ABOUT THIS EXERCISE:
Determine the number of lines in the data below that contain the string "What", and respond with that number alone.

►

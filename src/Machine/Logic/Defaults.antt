-- ===== src/Machine/Logic/Defaults.antt =====
-- machine/logic_db_default.cc: the logic of the default instruction set.
use sicxe.Base.{ℕ, true, false, some, ◌≡◌, refl, List, [], ◌∷◌}
use sicxe.Isa.Opcode
use sicxe.Machine.State.{Condition, reg_a, reg_x, reg_l, reg_b, reg_s, reg_t}
use sicxe.Machine.Logic.{
  Logic, clears, moves, negates, arithmetic_memory, arithmetic_registers, shifts, compares_memory,
  compares_registers, increments_memory, increments_register, jumps, jumps_if, returns, loads_word,
  stores_word, loads_byte, stores_byte, stores_flags, tests_device, reads_device, writes_device,
  float_to_integer, integer_to_float, calculates_float, compares_float, loads_float, stores_float,
  enables, disables, returns_from_interrupt, stores_link, LogicDb, empty_logic_db, register_logics,
}
use sicxe.Machine.Logic.Arithmetic.{ArithmeticOperation}
use sicxe.Machine.Logic.Floats.{FloatOperation}
use mathlib.Core.Option

-- The entries in the order in which `CreateDefaultInstance` registers them.
unfoldable pub default_logics : List (ℕ × Logic)
default_logics =
    (Opcode.clear, clears)
    ∷ (Opcode.rmo, moves)
    ∷ (Opcode.add, arithmetic_memory ArithmeticOperation.add)
    ∷ (Opcode.sub, arithmetic_memory ArithmeticOperation.subtract)
    ∷ (Opcode.mul, arithmetic_memory ArithmeticOperation.multiply)
    ∷ (Opcode.div, arithmetic_memory ArithmeticOperation.divide)
    ∷ (Opcode.and, arithmetic_memory ArithmeticOperation.and)
    ∷ (Opcode.or, arithmetic_memory ArithmeticOperation.or)
    ∷ (Opcode.addr, arithmetic_registers ArithmeticOperation.add)
    ∷ (Opcode.subr, arithmetic_registers ArithmeticOperation.subtract)
    ∷ (Opcode.mulr, arithmetic_registers ArithmeticOperation.multiply)
    ∷ (Opcode.divr, arithmetic_registers ArithmeticOperation.divide)
    ∷ (Opcode.shiftl, shifts false)
    ∷ (Opcode.shiftr, shifts true)
    ∷ (Opcode.comp, compares_memory)
    ∷ (Opcode.compr, compares_registers)
    ∷ (Opcode.tix, increments_memory)
    ∷ (Opcode.tixr, increments_register)
    ∷ (Opcode.j, jumps false)
    ∷ (Opcode.jeq, jumps_if Condition.equal)
    ∷ (Opcode.jgt, jumps_if Condition.greater)
    ∷ (Opcode.jlt, jumps_if Condition.less)
    ∷ (Opcode.jsub, jumps true)
    ∷ (Opcode.rsub, returns)
    ∷ (Opcode.ldch, loads_byte)
    ∷ (Opcode.stch, stores_byte)
    ∷ (Opcode.stsw, stores_flags)
    ∷ (Opcode.lda, loads_word reg_a)
    ∷ (Opcode.ldb, loads_word reg_b)
    ∷ (Opcode.ldl, loads_word reg_l)
    ∷ (Opcode.lds, loads_word reg_s)
    ∷ (Opcode.ldt, loads_word reg_t)
    ∷ (Opcode.ldx, loads_word reg_x)
    ∷ (Opcode.sta, stores_word reg_a)
    ∷ (Opcode.stb, stores_word reg_b)
    ∷ (Opcode.stl, stores_word reg_l)
    ∷ (Opcode.sts, stores_word reg_s)
    ∷ (Opcode.stt, stores_word reg_t)
    ∷ (Opcode.stx, stores_word reg_x)
    ∷ (Opcode.td, tests_device)
    ∷ (Opcode.rd, reads_device)
    ∷ (Opcode.wd, writes_device)
    ∷ (Opcode.fix, float_to_integer)
    ∷ (Opcode.float, integer_to_float)
    ∷ (Opcode.addf, calculates_float FloatOperation.add)
    ∷ (Opcode.subf, calculates_float FloatOperation.subtract)
    ∷ (Opcode.mulf, calculates_float FloatOperation.multiply)
    ∷ (Opcode.divf, calculates_float FloatOperation.divide)
    ∷ (Opcode.compf, compares_float)
    ∷ (Opcode.ldf, loads_float)
    ∷ (Opcode.stf, stores_float)
    ∷ (Opcode.xor, arithmetic_memory ArithmeticOperation.xor)
    ∷ (Opcode.andr, arithmetic_registers ArithmeticOperation.and)
    ∷ (Opcode.orr, arithmetic_registers ArithmeticOperation.or)
    ∷ (Opcode.xorr, arithmetic_registers ArithmeticOperation.xor)
    ∷ (Opcode.not, negates)
    ∷ (Opcode.eint, enables)
    ∷ (Opcode.dint, disables)
    ∷ (Opcode.rint, returns_from_interrupt)
    ∷ (Opcode.stil, stores_link)
    ∷ []

unfoldable pub default_logic_db : LogicDb
default_logic_db = Option.get_or (register_logics default_logics empty_logic_db) empty_logic_db

-- Every assertion of `CreateDefaultInstance` holds: no opcode is registered twice.
default_logics_register : register_logics default_logics empty_logic_db ≡ some default_logic_db
unfolding default_logic_db default_logics register_logics empty_logic_db
default_logics_register = refl
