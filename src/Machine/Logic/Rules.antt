-- ===== src/Machine/Logic/Rules.antt =====
-- How a property of every outcome is proved of an instruction: its operand checks are gone through
-- once here, so that each instruction is left with the machine that it makes.
use sicxe.Base.{◌<◌, inl, inr, Bool-cases, ltb, ltb→lt}
use sicxe.Isa.{Operands, none_f1, of_f2, of_fs34, OperandsF2, OperandsFs34}
use sicxe.Machine.State.{
  Machine, Outcome, done, undefined, assertion_failed, ExecuteResult, num_registers,
}
use sicxe.Machine.Logic.Operand.{
  is_immediate, with_fs34, with_address, with_register, with_registers, with_f1,
}

-- What holds of the result and of the machine after it, if there is one.
abbrev pub After {ℓ} : (ExecuteResult → Machine → Type ℓ) → Outcome → Type ℓ
After P (done result m) = P result m
After P undefined = Unit
After P assertion_failed = Unit

module _ {ℓ} (P : ExecuteResult → Machine → Type ℓ) (m : Machine) where
  pub with_fs34-After :
      (execute : OperandsFs34 → Machine → Outcome) (operands : Operands)
      → ((o : OperandsFs34) → After P (execute o m))
      → After P (with_fs34 execute operands m)
  with_fs34-After execute none_f1 h = tt
  with_fs34-After execute (of_f2 o) h = tt
  with_fs34-After execute (of_fs34 o) h = h o

  pub with_address-After :
      (execute : OperandsFs34 → Machine → Outcome) (operands : Operands)
      → P ExecuteResult.invalid_addressing m
      → ((o : OperandsFs34) → After P (execute o m))
      → After P (with_address execute operands m)
  with_address-After execute operands refused h =
      with_fs34-After _ operands
        λ o. elim (Bool-cases (is_immediate o)) [ inl e ↦ rw e refused | inr e ↦ rw e (h o) ]

  pub with_register-After :
      (execute : OperandsF2 → Machine → Outcome) (operands : Operands)
      → P ExecuteResult.invalid_addressing m
      → ((o : OperandsF2) → o.r1 < num_registers → After P (execute o m))
      → After P (with_register execute operands m)
  with_register-After execute none_f1 refused h = tt
  with_register-After execute (of_f2 o) refused h = elim (Bool-cases (ltb o.r1 num_registers)) [
    | inl e ↦ rw e (h o (ltb→lt _ _ e))
    | inr e ↦ rw e refused
  ]
  with_register-After execute (of_fs34 o) refused h = tt

  pub with_registers-After :
      (execute : OperandsF2 → Machine → Outcome) (operands : Operands)
      → P ExecuteResult.invalid_addressing m
      → ((o : OperandsF2) → o.r1 < num_registers → o.r2 < num_registers → After P (execute o m))
      → After P (with_registers execute operands m)
  with_registers-After execute operands refused h =
      with_register-After _ operands refused λ o first. elim (Bool-cases (ltb o.r2 num_registers)) [
        | inl e ↦ rw e (h o first (ltb→lt _ _ e))
        | inr e ↦ rw e refused
      ]

  pub with_f1-After :
      (execute : Machine → Outcome) (operands : Operands)
      → After P (execute m)
      → After P (with_f1 execute operands m)
  with_f1-After execute none_f1 h = h
  with_f1-After execute (of_f2 o) h = tt
  with_f1-After execute (of_fs34 o) h = tt
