-- ===== src/Machine/Logic/Validity.antt =====
-- What keeps the registers and the memory within their widths: each way in which an instruction
-- changes the machine.
pub mod Instructions
use sicxe.Base.{
  List, ℕ, ◌%◌, ◌^◌, ◌<◌, ◌≡◌, refl, Bool, true, false, Option, none, some, inl, inr, Bool-cases,
  update, if◌then◌else◌, arith,
}
use sicxe.Base.Int.{ℤ}
use sicxe.Isa.{Operands, OperandsFs34}
use sicxe.Machine.Word.{uint32, trim_word, trim_address}
use sicxe.Machine.Word.Laws.{trim_word-lt, trim_address-lt}
use sicxe.Machine.Memory.{Memory, read_memory_word, read_memory_byte, read_memory}
use sicxe.Machine.Memory.Laws.{
  IsByteMemory, read_memory_word-lt, write_memory_byte-IsByteMemory, write_memory_word-IsByteMemory,
  write_memory-IsByteMemory,
}
use sicxe.Machine.Float.{Fpu, IsFloatData, encode_float_data-IsFloatData}
use sicxe.Machine.State.{
  Machine, Outcome, done, ExecuteResult, Condition, IsValid, set_register, set_condition,
  set_program_counter,
}
use sicxe.Machine.Logic.Operand.{is_immediate, word_operand, byte_operand}
use sicxe.Machine.Logic.Rules.{
  After, with_fs34-After, with_address-After, with_register-After, with_registers-After,
  with_f1-After,
}
use sicxe.Machine.Logic.Floats.{set_float}
use sicxe.Machine.Device.{Device, Console}
use sicxe.Machine.Logic.Arithmetic.{
  ArithmeticOperation, calculate, store_result, arithmetic_mem, arithmetic_reg, register_negate,
  shift,
}

abbrev pub Valid : ExecuteResult → Machine → Type 0
Valid result m = IsValid m

module _ (m : Machine) (v : IsValid m) where
  pub set_register-IsValid : (r value : ℕ) → value < 2 ^ 24 → IsValid (set_register r value m)
  set_register-IsValid r value h = record {
    counter_fits = v.counter_fits;
    registers_fit = λ q. ground (arith, v.registers_fit q);
    float_fits = v.float_fits;
    link_fits = v.link_fits;
    target_fits = v.target_fits;
    memory_fits = v.memory_fits;
  }

  pub set_condition-IsValid : (c : Condition) → IsValid (set_condition c m)
  set_condition-IsValid c = record {
    counter_fits = v.counter_fits;
    registers_fit = v.registers_fit;
    float_fits = v.float_fits;
    link_fits = v.link_fits;
    target_fits = v.target_fits;
    memory_fits = v.memory_fits;
  }

  pub set_program_counter-IsValid :
      (address : ℕ) → address < 2 ^ 20 → IsValid (set_program_counter address m)
  set_program_counter-IsValid address h = record {
    counter_fits = h;
    registers_fit = v.registers_fit;
    float_fits = v.float_fits;
    link_fits = v.link_fits;
    target_fits = v.target_fits;
    memory_fits = v.memory_fits;
  }

  pub with_memory-IsValid :
      (memory : Memory) → IsByteMemory memory → IsValid (record m { memory = memory })
  with_memory-IsValid memory h = record {
    counter_fits = v.counter_fits;
    registers_fit = v.registers_fit;
    float_fits = v.float_fits;
    link_fits = v.link_fits;
    target_fits = v.target_fits;
    memory_fits = h;
  }

  pub set_float-IsValid : (bytes : List ℕ) → IsFloatData bytes → IsValid (set_float bytes m)
  set_float-IsValid bytes h = record {
    counter_fits = v.counter_fits;
    registers_fit = v.registers_fit;
    float_fits = h;
    link_fits = v.link_fits;
    target_fits = v.target_fits;
    memory_fits = v.memory_fits;
  }

  pub with_devices-IsValid :
      (devices : ℕ → Option Device) (console : Console)
      → IsValid (record m { devices = devices; console = console })
  with_devices-IsValid devices console = record {
    counter_fits = v.counter_fits;
    registers_fit = v.registers_fit;
    float_fits = v.float_fits;
    link_fits = v.link_fits;
    target_fits = v.target_fits;
    memory_fits = v.memory_fits;
  }

  pub read_float-IsFloatData : (address : ℕ) → IsFloatData (read_memory m.memory address 6)
  unfolding read_memory
  read_float-IsFloatData address =
      let byte = v.memory_fits in
      record {
        six = refl;
        bytes_lt = (byte _, (byte _, (byte _, (byte _, (byte _, (byte _, tt))))));
      }

  pub word_operand-lt : (o : OperandsFs34) → word_operand o m < 2 ^ 24
  unfolding word_operand
  word_operand-lt o =
      ground (arith, v.target_fits, read_memory_word-lt m.memory m.target_address v.memory_fits)

  pub byte_operand-lt : (o : OperandsFs34) → byte_operand o m < 2 ^ 8
  unfolding byte_operand read_memory_byte
  byte_operand-lt o = ground (arith, v.memory_fits (trim_address m.target_address))

  pub store_result-IsValid : (r : ℕ) (value : Option ℤ) → After Valid (store_result r m value)
  unfolding store_result
  store_result-IsValid r none = tt
  store_result-IsValid r (some value) =
      set_register-IsValid r (trim_word (uint32 value)) (trim_word-lt _)
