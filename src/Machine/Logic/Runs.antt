-- ===== src/Machine/Logic/Runs.antt =====
-- No assertion of an instruction's logic fails on operands of the format that it expects, and none
-- reports that it is not implemented.
use sicxe.Base.{
  ℕ, ◌+◌, ◌%◌, ◌^◌, ◌==◌, ◌≡◌, ◌≢◌, Bool, true, false, Option, none, some, inl, inr, Bool-cases,
  Option-cases, ltb, if◌then◌else◌,
}
use sicxe.Base.Int.{ℤ}
use sicxe.Isa.{
  Format, f1, f2, fs34, format_of, Operands, none_f1, of_f2, of_fs34, OperandsF2, OperandsFs34,
}
use sicxe.Machine.Word.{trim_address, sign_extend_word}
use sicxe.Machine.Float.{Fpu}
use sicxe.Machine.Device.{Files, Device, Console, read, write}
use sicxe.Machine.State.{
  Machine, Outcome, done, undefined, assertion_failed, ExecuteResult, Condition, num_registers,
  reg_a,
}
use sicxe.Machine.Logic.Operand.{
  is_immediate, byte_operand, word_operand, with_fs34, with_address, with_register, with_registers,
  with_f1,
}
use sicxe.Machine.Logic.{Logic, execute_logic}
use sicxe.Machine.Logic.Arithmetic.{
  store_result, arithmetic_mem, arithmetic_reg, register_negate, shift,
}
use sicxe.Machine.Logic.Compare.{
  compare_mem, compare_reg, increment_compare, increment_compare_mem, increment_compare_reg,
}
use sicxe.Machine.Logic.Transfer.{
  clear_reg, move_reg, load_word, load_byte, store_word, store_byte, store_flags,
}
use sicxe.Machine.Logic.Jump.{
  jump, jump_conditional, return_, interrupt_enable, interrupt_disable, interrupt_return,
  interrupt_link_store, same_condition,
}
use sicxe.Machine.Logic.Floats.{
  load_float, store_float, store_integer, float_to_int, int_to_float, float_arithmetic,
  float_compare,
}
use sicxe.Machine.Logic.Devices.{test_device, after_read, after_write, read_device, write_device}

-- No assertion failed, and the instruction is implemented.
abbrev pub Runs : Outcome → Type 0
Runs (done result m) = result ≢ ExecuteResult.not_implemented
Runs undefined = Unit
Runs assertion_failed = ⊥

-- The format that the assertions of each class want.
unfoldable pub expected_format : Logic → Format
expected_format Logic.clears = f2
expected_format Logic.moves = f2
expected_format Logic.negates = f2
expected_format (Logic.arithmetic_memory op) = fs34
expected_format (Logic.arithmetic_registers op) = f2
expected_format (Logic.shifts right) = f2
expected_format Logic.compares_memory = fs34
expected_format Logic.compares_registers = f2
expected_format Logic.increments_memory = fs34
expected_format Logic.increments_register = f2
expected_format (Logic.jumps save) = fs34
expected_format (Logic.jumps_if c) = fs34
expected_format Logic.returns = fs34
expected_format (Logic.loads_word r) = fs34
expected_format (Logic.stores_word r) = fs34
expected_format Logic.loads_byte = fs34
expected_format Logic.stores_byte = fs34
expected_format Logic.stores_flags = fs34
expected_format Logic.tests_device = fs34
expected_format Logic.reads_device = fs34
expected_format Logic.writes_device = fs34
expected_format Logic.float_to_integer = f1
expected_format Logic.integer_to_float = f1
expected_format (Logic.calculates_float op) = fs34
expected_format Logic.compares_float = fs34
expected_format Logic.loads_float = fs34
expected_format Logic.stores_float = fs34
expected_format Logic.enables = f1
expected_format Logic.disables = f1
expected_format Logic.returns_from_interrupt = f1
expected_format Logic.stores_link = fs34

ok_implemented : ExecuteResult.ok ≢ ExecuteResult.not_implemented
ok_implemented h = cc

refused_implemented : ExecuteResult.invalid_addressing ≢ ExecuteResult.not_implemented
refused_implemented h = cc

module _ (m : Machine) where
  with_fs34-Runs :
      (execute : OperandsFs34 → Machine → Outcome) (operands : Operands)
      → format_of operands ≡ fs34
      → ((o : OperandsFs34) → Runs (execute o m))
      → Runs (with_fs34 execute operands m)
  with_fs34-Runs execute none_f1 e h = cc
  with_fs34-Runs execute (of_f2 o) e h = cc
  with_fs34-Runs execute (of_fs34 o) e h = h o

  with_address-Runs :
      (execute : OperandsFs34 → Machine → Outcome) (operands : Operands)
      → format_of operands ≡ fs34
      → ((o : OperandsFs34) → Runs (execute o m))
      → Runs (with_address execute operands m)
  with_address-Runs execute operands e h = with_fs34-Runs _ operands e λ o.
      elim (Bool-cases (is_immediate o)) [
        | inl i ↦ rw (i, Runs) refused_implemented
        | inr i ↦ rw (i, Runs) (h o)
      ]

  with_register-Runs :
      (execute : OperandsF2 → Machine → Outcome) (operands : Operands)
      → format_of operands ≡ f2
      → ((o : OperandsF2) → Runs (execute o m))
      → Runs (with_register execute operands m)
  with_register-Runs execute none_f1 e h = cc
  with_register-Runs execute (of_f2 o) e h = elim (Bool-cases (ltb o.r1 num_registers)) [
    | inl i ↦ rw (i, Runs) (h o)
    | inr i ↦ rw (i, Runs) refused_implemented
  ]
  with_register-Runs execute (of_fs34 o) e h = cc

  with_registers-Runs :
      (execute : OperandsF2 → Machine → Outcome) (operands : Operands)
      → format_of operands ≡ f2
      → ((o : OperandsF2) → Runs (execute o m))
      → Runs (with_registers execute operands m)
  with_registers-Runs execute operands e h = with_register-Runs _ operands e λ o.
      elim (Bool-cases (ltb o.r2 num_registers)) [
        | inl i ↦ rw (i, Runs) (h o)
        | inr i ↦ rw (i, Runs) refused_implemented
      ]

  with_f1-Runs :
      (execute : Machine → Outcome) (operands : Operands)
      → format_of operands ≡ f1
      → Runs (execute m)
      → Runs (with_f1 execute operands m)
  with_f1-Runs execute none_f1 e h = h
  with_f1-Runs execute (of_f2 o) e h = cc
  with_f1-Runs execute (of_fs34 o) e h = cc

  store_result-Runs : (r : ℕ) (value : Option ℤ) → Runs (store_result r m value)
  unfolding store_result
  store_result-Runs r none = tt
  store_result-Runs r (some value) = ok_implemented

  store_integer-Runs : (value : Option ℤ) → Runs (store_integer value m)
  unfolding store_integer
  store_integer-Runs none = tt
  store_integer-Runs (some value) = ok_implemented

  increment_compare-Runs : (value : ℤ) → Runs (increment_compare value m)
  unfolding increment_compare
  increment_compare-Runs value = ok_implemented

  jump-Runs : (save : Bool) (o : Operands) → format_of o ≡ fs34 → Runs (jump save o m)
  unfolding jump
  jump-Runs save o f = with_address-Runs _ o f λ o.
      let ends = trim_address m.target_address + (if o.e then 4 else 3) in
      elim (Bool-cases (trim_address ends == m.program_counter)) [
        | inl e ↦ rw (e, Runs) (λ h. cc)
        | inr e ↦ rw (e, Runs) ok_implemented
      ]

  jump_conditional-Runs :
      (c : Condition) (o : Operands) → format_of o ≡ fs34 → Runs (jump_conditional c o m)
  unfolding jump_conditional
  jump_conditional-Runs c o f = with_address-Runs _ o f λ o.
      elim (Bool-cases (same_condition m.condition_code c)) [
        | inl e ↦ rw (e, Runs) ok_implemented
        | inr e ↦ rw (e, Runs) ok_implemented
      ]

  after_read-Runs : (id : ℕ) (r : Option ℕ × Device × Console) → Runs (after_read id m r)
  unfolding after_read
  after_read-Runs id (none, d, c) = λ h. cc
  after_read-Runs id (some value, d, c) = ok_implemented

  after_write-Runs : (id : ℕ) (r : Bool × Device × Console) → Runs (after_write id m r)
  unfolding after_write
  after_write-Runs id (true, d, c) = ok_implemented
  after_write-Runs id (false, d, c) = λ h. cc

  read_device-Runs :
      (files : Files) (o : Operands) → format_of o ≡ fs34 → Runs (read_device files o m)
  unfolding read_device
  read_device-Runs files o f = with_fs34-Runs _ o f λ o.
      elim (Option-cases (m.devices (byte_operand o m))) [
        | inl e ↦ rw (e, Runs) (λ h. cc)
        | inr (device, e) ↦
            rw (e, Runs) (after_read-Runs (byte_operand o m) (read files device m.console))
      ]

  write_device-Runs :
      (files : Files) (o : Operands) → format_of o ≡ fs34 → Runs (write_device files o m)
  unfolding write_device
  write_device-Runs files o f = with_fs34-Runs _ o f λ o.
      elim (Option-cases (m.devices (byte_operand o m))) [
        | inl e ↦ rw (e, Runs) (λ h. cc)
        | inr (device, e) ↦
            rw (e, Runs)
              (after_write-Runs (byte_operand o m)
                (write files device (m.registers reg_a % 2 ^ 8) m.console))
      ]

module _ (fpu : Fpu) (files : Files) (m : Machine) where
  pub execute_logic-Runs :
      (logic : Logic) (o : Operands)
      → format_of o ≡ expected_format logic
      → Runs (execute_logic fpu files logic o m)
  unfolding expected_format execute_logic clear_reg move_reg arithmetic_mem arithmetic_reg
      register_negate shift compare_mem compare_reg increment_compare_mem increment_compare_reg
      return_ load_word load_byte store_word store_byte store_flags test_device load_float
      store_float float_to_int int_to_float float_arithmetic float_compare interrupt_enable
      interrupt_disable interrupt_return interrupt_link_store
  execute_logic-Runs Logic.clears o f = with_register-Runs m _ o f λ o. ok_implemented
  execute_logic-Runs Logic.negates o f = with_register-Runs m _ o f λ o. ok_implemented
  execute_logic-Runs (Logic.shifts right) o f =
      with_register-Runs m _ o f λ o. store_result-Runs m _ _
  execute_logic-Runs Logic.increments_register o f =
      with_register-Runs m _ o f λ o. increment_compare-Runs m (sign_extend_word (m.registers o.r1))
  execute_logic-Runs Logic.moves o f = with_registers-Runs m _ o f λ o. ok_implemented
  execute_logic-Runs Logic.compares_registers o f = with_registers-Runs m _ o f λ o. ok_implemented
  execute_logic-Runs (Logic.arithmetic_registers op) o f =
      with_registers-Runs m _ o f λ o. store_result-Runs m _ _
  execute_logic-Runs (Logic.arithmetic_memory op) o f =
      with_fs34-Runs m _ o f λ o. store_result-Runs m _ _
  execute_logic-Runs Logic.compares_memory o f = with_fs34-Runs m _ o f λ o. ok_implemented
  execute_logic-Runs Logic.returns o f = with_fs34-Runs m _ o f λ o. ok_implemented
  execute_logic-Runs (Logic.loads_word r) o f = with_fs34-Runs m _ o f λ o. ok_implemented
  execute_logic-Runs Logic.loads_byte o f = with_fs34-Runs m _ o f λ o. ok_implemented
  execute_logic-Runs Logic.stores_flags o f = with_fs34-Runs m _ o f λ o. ok_implemented
  execute_logic-Runs Logic.tests_device o f = with_fs34-Runs m _ o f λ o. ok_implemented
  execute_logic-Runs Logic.increments_memory o f =
      with_fs34-Runs m _ o f λ o. increment_compare-Runs m (sign_extend_word (word_operand o m))
  execute_logic-Runs (Logic.stores_word r) o f = with_address-Runs m _ o f λ o. ok_implemented
  execute_logic-Runs Logic.stores_byte o f = with_address-Runs m _ o f λ o. ok_implemented
  execute_logic-Runs (Logic.calculates_float op) o f = with_address-Runs m _ o f λ o. ok_implemented
  execute_logic-Runs Logic.compares_float o f = with_address-Runs m _ o f λ o. ok_implemented
  execute_logic-Runs Logic.loads_float o f = with_address-Runs m _ o f λ o. ok_implemented
  execute_logic-Runs Logic.stores_float o f = with_address-Runs m _ o f λ o. ok_implemented
  execute_logic-Runs Logic.stores_link o f = with_address-Runs m _ o f λ o. ok_implemented
  execute_logic-Runs Logic.integer_to_float o f = with_f1-Runs m _ o f ok_implemented
  execute_logic-Runs Logic.enables o f = with_f1-Runs m _ o f ok_implemented
  execute_logic-Runs Logic.disables o f = with_f1-Runs m _ o f ok_implemented
  execute_logic-Runs Logic.returns_from_interrupt o f = with_f1-Runs m _ o f ok_implemented
  execute_logic-Runs Logic.float_to_integer o f = with_f1-Runs m _ o f (store_integer-Runs m _)
  execute_logic-Runs (Logic.jumps save) o f = jump-Runs m save o f
  execute_logic-Runs (Logic.jumps_if c) o f = jump_conditional-Runs m c o f
  execute_logic-Runs Logic.reads_device o f = read_device-Runs m files o f
  execute_logic-Runs Logic.writes_device o f = write_device-Runs m files o f
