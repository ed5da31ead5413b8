-- ===== src/Machine/Execute.antt =====
-- `Machine::Execute`, `Machine::Interrupt`, and machine/loader.cc.
pub mod Validity
pub mod Failure
pub mod Assertions
pub mod Interrupts
use sicxe.Base.{ℕ, ◌+◌, Bool, true, false, Option, none, some, List, [], ◌∷◌, get_or, if◌then◌else◌}
use sicxe.Isa.{Instruction, InstructionInstance, Operands, none_f1, of_f2, of_fs34}
use sicxe.Isa.Codec.{InsnBytes, decode}
use sicxe.Machine.Word.{trim_address}
use sicxe.Machine.Memory.{Memory, read_memory, read_memory_word}
use sicxe.Machine.Float.{Fpu}
use sicxe.Machine.Device.{Files}
use sicxe.Machine.State.{
  Machine, Outcome, done, undefined, assertion_failed, ExecuteResult, set_program_counter,
}
use sicxe.Machine.Address.{calculate_target_address}
use sicxe.Machine.Logic.{Logic, LogicDb, execute_logic}

-- The delayed enabling of interrupts.
unfoldable pub enable_interrupts : Machine → Machine
enable_interrupts m =
    if m.interrupt_enable_next
    then record m {
      cpu = record (m.cpu) { interrupt_enabled = true; interrupt_enable_next = false };
    }
    else m

-- The four bytes at the program counter.
unfoldable pub fetch : Memory → ℕ → InsnBytes
fetch memory address =
    let buffer = read_memory memory address 4 in
    record {
      byte0 = get_or buffer 0 0;
      byte1 = get_or buffer 1 0;
      byte2 = get_or buffer 2 0;
      byte3 = get_or buffer 3 0;
    }

-- The target address of formats S, 3 and 4; `none` if the addressing is invalid.
unfoldable pub with_target : Operands → Machine → Option Machine
with_target none_f1 m = some m
with_target (of_f2 o) m = some m
with_target (of_fs34 o) m = calculate_target_address o m

-- The program counter is restored after any result but `ok`.
unfoldable pub restore_counter : ℕ → Outcome → Outcome
restore_counter counter (done ExecuteResult.ok m) = done ExecuteResult.ok m
restore_counter counter (done result m) = done result (set_program_counter counter m)
restore_counter counter undefined = undefined
restore_counter counter assertion_failed = assertion_failed

module _ (find_opcode : ℕ → Option Instruction) (logic_db : LogicDb) (fpu : Fpu)
    (files : Files) where
  -- From the logic of a decoded instruction and its length on.
  unfoldable pub execute_decoded : Logic → Operands → ℕ → Machine → Outcome
  unfolding with_target restore_counter
  execute_decoded logic operands length m =
      let counter = m.program_counter in
      let advanced = set_program_counter (trim_address (counter + length)) m in
      elim (with_target operands advanced) [
        | none ↦ done ExecuteResult.invalid_addressing (set_program_counter counter advanced)
        | some ready ↦ restore_counter counter (execute_logic fpu files logic operands ready)
      ]

  unfoldable pub execute : Machine → Outcome
  unfolding enable_interrupts fetch execute_decoded
  execute m0 =
      let m = enable_interrupts m0 in
      elim (decode find_opcode (fetch m.memory m.program_counter)) [
        | none ↦ done ExecuteResult.invalid_opcode m
        | some (insn, length) ↦ elim (logic_db insn.opcode) [
          | none ↦ done ExecuteResult.not_implemented m
          | some logic ↦ execute_decoded logic insn.operands length m
        ]
      ]

-- `Machine::Interrupt`.
unfoldable pub interrupt : Machine → Machine
interrupt m =
    if m.interrupt_enabled
    then record m {
      cpu = record (m.cpu) {
        interrupt_enabled = false;
        interrupt_enable_next = false;
        interrupt_link = m.program_counter;
        interrupt_condition_code = m.condition_code;
        program_counter = trim_address (read_memory_word m.memory 0xffffd);
      };
    }
    else m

◄

OUTPUT FOR THIS EXERCISE:
2